<<<<
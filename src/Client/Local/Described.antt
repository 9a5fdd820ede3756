-- ===== src/Client/Local/Described.antt =====
-- The parts of `compose_transaction_local` in client/dioxclient.py find what was asked for.
use dioxide_python.Prelude.{
  ap, ℕ, ◌≡◌, refl, ◌∙◌, sym, Bool, true, false, Option, none, some, [], ◌∷◌, if◌then◌else◌,
}
use dioxide_python.Prelude.Int.{ℤ, pos, negsuc}
use dioxide_python.Prelude.Result.{Result, ok, err}
use dioxide_python.Bytes.{Bytes}
use dioxide_python.Text.{Text, codes}
use dioxide_python.Text.Case.{Unicode}
use dioxide_python.Text.Split.{split}
use dioxide_python.Gcl.Value.{Value, Entries, int, as_int}
use dioxide_python.Address.{DioxAddress, set_delegatee_from_string, dapp}
use dioxide_python.Account.{Suite}
use dioxide_python.Contract.{
  ContractInvokeId, contract_id, contract_version_id, ContractId, ContractVersionId,
}
use dioxide_python.Transaction.{Log2, UnsignedTransaction, unsigned_transaction}
use dioxide_python.Client.Send.{code}
use dioxide_python.Client.{Outcome, returned, lift, Service, return, fail}
use dioxide_python.Client.Methods.{>>=-returned, lift-returned}
use dioxide_python.Client.Queries.{to_int}
use dioxide_python.Client.Interface.{Printed, function_of}
use mathlib.Core.Path.{subst}
use dioxide_python.Client.Local.{
  Sender, by_address, by_account, LocalOptions, id_of, opcode_of, natural, natural_of, delegatee_of,
  invoke_id,
}
use dioxide_python.Client.Local.Asked.{call_of, IsId, IsDelegatee, IsAsked}
use dioxide_python.Client.Local.Target.{invoke_id-IsInvoked, unsigned-IsTarget, err_ne_ok}

natural_of-some : (z : Option ℤ) (n : ℕ) → natural_of z ≡ ok n → z ≡ some (pos n)
unfolding natural_of natural
natural_of-some none n h = cc
natural_of-some (some (pos m)) n h = cc
natural_of-some (some (negsuc m)) n h = cc

natural-pos : (z : ℤ) (n : ℕ) → natural z ≡ ok n → z ≡ pos n
unfolding natural
natural-pos (pos m) n h = cc
natural-pos (negsuc m) n h = cc

failed : {A : Type 0} {v : Value} {a : A} → Outcome.diox_error v ≡ returned a → ⊥
failed h = cc

module _ {ℓ} {W : Type ℓ} (unicode : Unicode) (suite : Suite) (printed : Printed) (log2 : Log2)
    (import_time : ℕ) (service : Service W) where
  id_of-IsId :
      (key : Text) (info : Entries) (n : ℕ)
      → id_of unicode suite printed log2 import_time service key info ≡ ok n
      → IsId unicode suite printed log2 import_time service key info n
  unfolding id_of
  id_of-IsId key info n h = number (service.attribute key info) refl h
    where
      read :
          (v : Value) (r : Result ℤ)
          → to_int unicode v ≡ r
          → elim r [ err e ↦ err e | ok z ↦ natural z ] ≡ ok n
          → to_int unicode v ≡ ok (pos n)
      read v (err e) e₁ h = absurd (err_ne_ok h)
      read v (ok z) e₁ h = e₁ ∙ ap ok (natural-pos z n h)

      number :
          (r : Result Value)
          → service.attribute key info ≡ r
          → elim r [
            | err e ↦ err e
            | ok v ↦ elim (to_int unicode v) [ err e ↦ err e | ok z ↦ natural z ]
          ]
            ≡ ok n
          → IsId unicode suite printed log2 import_time service key info n
      number (err e) e₁ h = absurd (err_ne_ok h)
      number (ok v) e₁ h = (v, e₁, read v (to_int unicode v) refl h)

  delegatee_of-IsDelegatee :
      (is : Bool) (sender : Sender) (w : W) (d : Option Bytes)
      → (delegatee_of unicode suite printed log2 import_time service is sender w).0 ≡ returned d
      → IsDelegatee unicode suite printed log2 import_time service is sender d
  unfolding delegatee_of
  delegatee_of-IsDelegatee false sender w d h = cc
  delegatee_of-IsDelegatee true (by_account b) w d h = cc
  delegatee_of-IsDelegatee true (by_address s) w d h =
      let set =
        set_delegatee_from_string unicode suite.codecs s (record { bytes_ = none; type_ = dapp }) in
      let (r, w₁, e, h₁) = >>=-returned w (lift set) _ h in
      named r.0 r.1 w₁ (lift-returned w set e).0 h₁
    where
      named :
          (valid : Bool) (a : DioxAddress) (w₁ : W)
          → set_delegatee_from_string unicode suite.codecs s
              (record { bytes_ = none; type_ = dapp })
            ≡ ok (valid, a)
          → ((if valid then return a.bytes_ else fail (code 10004)) w₁).0 ≡ returned d
          → IsDelegatee unicode suite printed log2 import_time service true (by_address s) d
      named true a w₁ e h = (a, e, cc)
      named false a w₁ e h = absurd (failed h)

  -- The function that is named, in the description that was given if there is one.
  pub record IsDescribed (function : Text) (o : LocalOptions) (cid : ContractId)
      (version : ContractVersionId) (function_info : Entries) : Type 0 where
    pub dapp_name : Text
    pub contract_name : Text
    pub function_name : Text
    pub contract_info : Entries
    pub contract_value : ℕ
    pub version_value : ℕ
    pub parts_ : split b'.' function ≡ dapp_name ∷ contract_name ∷ function_name ∷ []
    pub given_ : (info : Entries) → o.contract_info ≡ some info → contract_info ≡ info
    pub found_ : function_of printed service function_name contract_info ≡ ok (some function_info)
    pub contract_ :
        IsId unicode suite printed log2 import_time service
          (codes "ContractID")
          contract_info
          contract_value
    pub version_ :
        IsId unicode suite printed log2 import_time service
          (codes "ContractVersionID")
          contract_info
          version_value
    pub contract_id_ : contract_id contract_value none none none ≡ ok cid
    pub version_id_ : contract_version_id version_value none none none none ≡ ok version

  pub found-IsDescribed :
      (function : Text) (o : LocalOptions) (d c f : Text) (info function_info : Entries)
      (contract_value version_value : ℕ) (cid : ContractId) (version : ContractVersionId)
      → split b'.' function ≡ d ∷ c ∷ f ∷ []
      → ((i : Entries) → o.contract_info ≡ some i → info ≡ i)
      → id_of unicode suite printed log2 import_time service (codes "ContractID") info
        ≡ ok contract_value
      → id_of unicode suite printed log2 import_time service (codes "ContractVersionID") info
        ≡ ok version_value
      → contract_id contract_value none none none ≡ ok cid
      → contract_version_id version_value none none none none ≡ ok version
      → function_of printed service f info ≡ ok (some function_info)
      → IsDescribed function o cid version function_info
  found-IsDescribed function o d c f info function_info contract_value version_value cid version
        parts given ec ev hc hv found =
      record {
        dapp_name = d;
        contract_name = c;
        function_name = f;
        contract_info = info;
        contract_value = contract_value;
        version_value = version_value;
        parts_ = parts;
        given_ = given;
        found_ = found;
        contract_ = id_of-IsId (codes "ContractID") info contract_value ec;
        version_ = id_of-IsId (codes "ContractVersionID") info version_value ev;
        contract_id_ = hc;
        version_id_ = hv;
      }

  opcode_of-read :
      (info : Entries) (n : ℕ)
      → opcode_of unicode suite printed log2 import_time service info ≡ ok n
      → (v : Value) × (service.box_get (codes "Opcode") (int (pos 0)) info ≡ ok v)
        × (as_int v ≡ some (pos n))
  unfolding opcode_of
  opcode_of-read info n h = number (service.box_get (codes "Opcode") (int (pos 0)) info) refl h
    where
      number :
          (r : Result Value)
          → service.box_get (codes "Opcode") (int (pos 0)) info ≡ r
          → elim r [ err e ↦ err e | ok v ↦ natural_of (as_int v) ] ≡ ok n
          → (v : Value) × (service.box_get (codes "Opcode") (int (pos 0)) info ≡ ok v)
            × (as_int v ≡ some (pos n))
      number (err e) e₁ h = absurd (err_ne_ok h)
      number (ok v) e₁ h = (v, e₁, natural_of-some (as_int v) n h)

  -- What is described and what is made of it are what was asked for.
  pub described-IsAsked :
      (sender : Sender) (function : Text) (o : LocalOptions) (cid : ContractId)
      (version : ContractVersionId) (function_info : Entries) (invoked : ContractInvokeId)
      (opcode timestamp version_ : ℕ) (delegatee : Option Bytes) (w : W) (tx : UnsignedTransaction)
      → IsDescribed function o cid version function_info
      → opcode_of unicode suite printed log2 import_time service function_info ≡ ok opcode
      → invoke_id cid version ≡ ok invoked
      → (delegatee_of unicode suite printed log2 import_time service o.is_delegatee sender w).0
        ≡ returned delegatee
      → unsigned_transaction invoked opcode version_ timestamp delegatee ≡ ok tx
      → IsAsked unicode suite printed log2 import_time service sender function o (call_of tx)
  described-IsAsked sender function o cid version function_info invoked opcode timestamp version_
        delegatee w tx d ho hi hd made =
      let (value, read, is) = opcode_of-read function_info opcode ho in
      let (eo, ed, t) = unsigned-IsTarget invoked opcode version_ timestamp delegatee tx made in
      record {
        dapp_name = d.dapp_name;
        contract_name = d.contract_name;
        function_name = d.function_name;
        parts_ = d.parts_;
        contract_info = d.contract_info;
        given_ = d.given_;
        function_info = function_info;
        found_ = d.found_;
        value = value;
        read_ = read;
        opcode_ = is ∙ ap (λ n. some (pos n)) (sym eo);
        contract_value = d.contract_value;
        version_value = d.version_value;
        contract_ = d.contract_;
        version_ = d.version_;
        invoked = invoked;
        invoked_ =
            invoke_id-IsInvoked d.contract_value d.version_value cid version invoked d.contract_id_
              d.version_id_ hi;
        target_ = t;
        delegatee_ =
            subst (IsDelegatee unicode suite printed log2 import_time service o.is_delegatee sender)
              (sym ed) (delegatee_of-IsDelegatee o.is_delegatee sender w delegatee hd);
      }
>>>>
■ Work item
The response must contain every line from the listing above in which the string "UnsignedTransaction" appears.

■ Answer area
use dioxide_python.Transaction.{Log2, UnsignedTransaction, unsigned_transaction}
      (opcode timestamp version_ : ℕ) (delegatee : Option Bytes) (w : W) (tx : UnsignedTransaction)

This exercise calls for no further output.